Snoop Dogg and Wiz Khalifa’s “Young, Wild, and Free”
celebrates the hedonism of youth. Its pace is so mellow—which corresponds to
its stoner ethos—that you can’t quite call it an anthem. Nonetheless it
contains a distinctly anthemic quality: this is a song that will be sung out
loud by buzzed young people and embarrassingly drunk older people at parties
for some time, I imagine. But even as it celebrates irresponsible celebrating,
the song is weighed down by a sad undercurrent that it can’t quite smoke away.
Inconsistency in popular music, as in any art, is not a
problem. We live in a contradictory world so we should expect our
representational forms, if they are going to be faithful to life, to embody its
contradictoriness. Art is not identical with politics or philosophy. We should
not expect ideological purity or logical consistency from it. Indeed, what
makes art so compelling sometimes are its contradictions.

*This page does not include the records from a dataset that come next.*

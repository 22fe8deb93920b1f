-- ===== src/Examples.antt =====
-- A small memory, with the theorems applied to it.
mod Samples
mod Decisions
mod Writes
mod Answers
mod Sources
mod Proposals
mod Extracts
mod Exports
mod Requests
mod Jobs
mod Matches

Take Black Sabbath’s “Lord of this World,” for example. The
song is supposed to make you repent
your evil ways and rethink your relationship to God. “Your world was made for
you by someone above/But you choose evil ways instead of love,” the song warns
us. But of course the song has the exact opposite effect. Its menacing and abstract
heaviness and Ozzy’s almost demonic voice make most listeners want to embrace
the darkness that the song ostensibly rejects. The song, like Black Sabbath as
a whole, aestheticizes darkness, makes it desirable in its sinister beauty.
Thus rather than turning its listeners more godly, “Lord of this World” has instead
created legions of Satanists.
There are similar contradictions in “Young, Wild, and Free.”
The song’s philosophy as a whole is contained in its chorus: “So what we get
drunk/So what we smoke weed/We’re just having fun/We don’t care who sees.” Snoop
Dogg and Wiz Khalifa then take turns delivering verses that deal mostly with
different manner of getting high and enjoying being high. The song revels in
the spontaneity and liberty of youth. Youthful dissipation is transformed by it
into the only product of a good life. But everything is not so simple. First of
all, Snoop Dogg is older than I am. So his take on youth is delivered in the key
of nostalgia. “It’s like I’m 17 again,” he raps. But as William S. Burroughs
once observed, “in order to feel something, you have to be there. You have to be
18.” Snoop Dogg might be wild and free, who knows, but he is certainly not
young so there is something insincere about his lauding of youth. And as for
Wiz Khalifa, he sings repeatedly in quieter voice near the end of the song
“When you live like this you’re supposed to party.” So instead of the
affirmation of freedom, partying becomes at the song’s conclusion a necessary convention.
That is, he parties not because he wants to party but because he is supposed to party. So this joyful song
about spontaneous youthful excess is also about old men missing their youth and
about young men who feel obligated to party. Enjoy!
Interesting, but it seems like you may have simplified this somewhat. First of all, asserting that Snoop Dogg is older than you doesn't really say anything, does it? Snoop doesn't strike me as someone who revels in nostalgia. Also, your reference to Burroughs is telling since he spent most of his life in a drugged out alternate plane of existence. Indeed, drug use and the nightmare world it sometimes creates became an aesthetic for Burroughs, a way of subverting Puritan morality. I think that Snoop's proclamation that he and Khalifa are the new Cheech and Chong might be telling and I think complicates your reading. Perhaps the song is self-conscious about the hedonism it promotes?